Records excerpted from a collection
◆ ◆ ◆ ◆ ◆ ◆ ◆

-- ===== src/Sidebar/Removal.antt =====
-- `remove_items`, `handle_removed_items`, `handle_remote_purge` and `disconnect_and_delete_room`.
pub mod Policy
use prose_core_client.Base.{
  String, ℕ, Option, none, some, List, [], ◌∷◌, Bool, true, false, string_eq,
}
use prose_core_client.Shared.Ids.{BareJid, RoomId, OccupantId, room_bare_jid}
use prose_core_client.Events.Dispatcher.{RoomType}
use prose_core_client.Rooms.RoomModels.{RoomSidebarState}
use prose_core_client.Rooms.ConnectedRooms.{get, delete_all}
use prose_core_client.Rooms.Room.{Room, room_id, Session, set_sidebar_state, occupant_id}
use prose_core_client.Rooms.Service.{Outcome, Op, return, fail, continue, match, or_else, change}
use prose_core_client.Rooms.Service.Connecting.{forget_room}
use prose_core_client.Sidebar.{
  SidebarServices, sidebar_changed, save_bookmark_for_room, delete_bookmark,
}

module _ (c : SidebarServices) where
  -- Errors are only logged.
  abbrev pub exit_if_muc : Option OccupantId → Op Unit
  exit_if_muc none = return tt
  exit_if_muc (some id) = λ s. or_else tt (c.rooms.exit_room id s)

  -- `if let Some(account) = self.ctx.connected_account().ok() { … }`
  unfoldable pub forget_if_connected : BareJid → Op Unit
  unfolding forget_room
  forget_if_connected id s =
      match (c.rooms.connected_account s) (λ account. change (forget_room id)) (λ error. return tt)

  unfoldable pub leave_channel : Room → Op Unit
  unfolding forget_if_connected occupant_id room_bare_jid
  leave_channel room s =
      continue (forget_if_connected (room_bare_jid (room_id room)) s)
        (λ u. exit_if_muc (occupant_id room.info))

  unfoldable pub disconnect_of_type : RoomType → Room → Op Unit
  unfolding leave_channel set_sidebar_state forget_if_connected room_bare_jid
  disconnect_of_type RoomType.unknown room = return tt
  disconnect_of_type RoomType.direct_message room =
      forget_if_connected (room_bare_jid (room_id room))
  disconnect_of_type RoomType.group room =
      change (set_sidebar_state room RoomSidebarState.not_in_sidebar)
  disconnect_of_type RoomType.private_channel room = leave_channel room
  disconnect_of_type RoomType.public_channel room = leave_channel room
  disconnect_of_type RoomType.generic room = leave_channel room

  unfoldable pub disconnect_and_delete_room : Room → Op Unit
  unfolding disconnect_of_type
  disconnect_and_delete_room room = disconnect_of_type room.info.type room

  unfoldable pub hide : Room → Op Unit
  unfolding set_sidebar_state save_bookmark_for_room
  hide room s =
      save_bookmark_for_room c room (set_sidebar_state room RoomSidebarState.not_in_sidebar s)

  -- What becomes of the bookmark
  unfoldable pub forget_of_type : RoomType → RoomId → Room → Op Unit
  unfolding hide delete_bookmark room_bare_jid
  forget_of_type RoomType.unknown id room = return tt
  forget_of_type RoomType.group id room = hide room
  forget_of_type RoomType.private_channel id room = hide room
  forget_of_type RoomType.direct_message id room = delete_bookmark c (room_bare_jid id)
  forget_of_type RoomType.public_channel id room = delete_bookmark c (room_bare_jid id)
  forget_of_type RoomType.generic id room = delete_bookmark c (room_bare_jid id)

  unfoldable pub remove_item : RoomId → Room → Op Unit
  unfolding disconnect_and_delete_room forget_of_type
  remove_item id room s =
      continue (disconnect_and_delete_room room s) (λ u. forget_of_type room.info.type id room)

  -- The loop of `remove_items`, which returns at the first room that is not connected
  unfoldable pub remove_loop : List RoomId → Op Unit
  unfolding get room_bare_jid remove_item sidebar_changed
  remove_loop [] s = change sidebar_changed s
  remove_loop (id ∷ ids) s = elim (get room_id (room_bare_jid id) s.connected) [
    | none ↦ return tt s
    | some room ↦ continue (remove_item id room s) (λ u. remove_loop ids)
  ]

  unfoldable pub remove_items : List RoomId → Op Unit
  unfolding remove_loop
  remove_items ids s = continue (c.rooms.connected_account s) (λ account. remove_loop ids)

  -- The loop of `handle_removed_items`
  unfoldable pub removed_loop : List BareJid → Op Unit
  unfolding get disconnect_and_delete_room sidebar_changed
  removed_loop [] s = change sidebar_changed s
  removed_loop (id ∷ ids) s = elim (get room_id id s.connected) [
    | none ↦ removed_loop ids s
    | some room ↦ continue (disconnect_and_delete_room room s) (λ u. removed_loop ids)
  ]

  unfoldable pub handle_removed_items : List BareJid → Op Unit
  unfolding removed_loop
  handle_removed_items ids s = continue (c.rooms.connected_account s) (λ account. removed_loop ids)

  unfoldable pub exit_or_fail : Option OccupantId → Op Unit
  exit_or_fail none = return tt
  exit_or_fail (some id) = c.rooms.exit_room id

  -- The loop of `handle_remote_purge`, which an error ends
  unfoldable pub exit_all : List Room → Op Unit
  unfolding occupant_id sidebar_changed exit_or_fail
  exit_all [] = change sidebar_changed
  exit_all (room ∷ rooms) =
      λ s. continue (exit_or_fail (occupant_id room.info) s) (λ u. exit_all rooms)

  unfoldable pub handle_remote_purge : Op Unit
  unfolding exit_all delete_all
  handle_remote_purge s = continue (c.rooms.connected_account s) (λ account s'.
      exit_all (delete_all room_id s'.connected).0
        (record s' { connected = (delete_all room_id s'.connected).1 }))

  unfoldable pub clear_cache : Op Unit
  unfolding delete_all
  clear_cache s =
      continue (c.rooms.connected_account s)
        (λ account. change (λ s'. record s' { connected = (delete_all room_id s'.connected).1 }))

◆ ◆ ◆ ◆ ◆ ◆ ◆

**What the exercise asks**
Each line in the entries above, starting at the line with "u. remove_loop ids)" and ending at the line with "remove_items ids s", is to be printed exactly, and only those lines.

**Output of the task**
    | some room ↦ continue (remove_item id room s) (λ u. remove_loop ids)
  ]

  unfoldable pub remove_items : List RoomId → Op Unit
  unfolding remove_loop
  remove_items ids s = continue (c.rooms.connected_account s) (λ account. remove_loop ids)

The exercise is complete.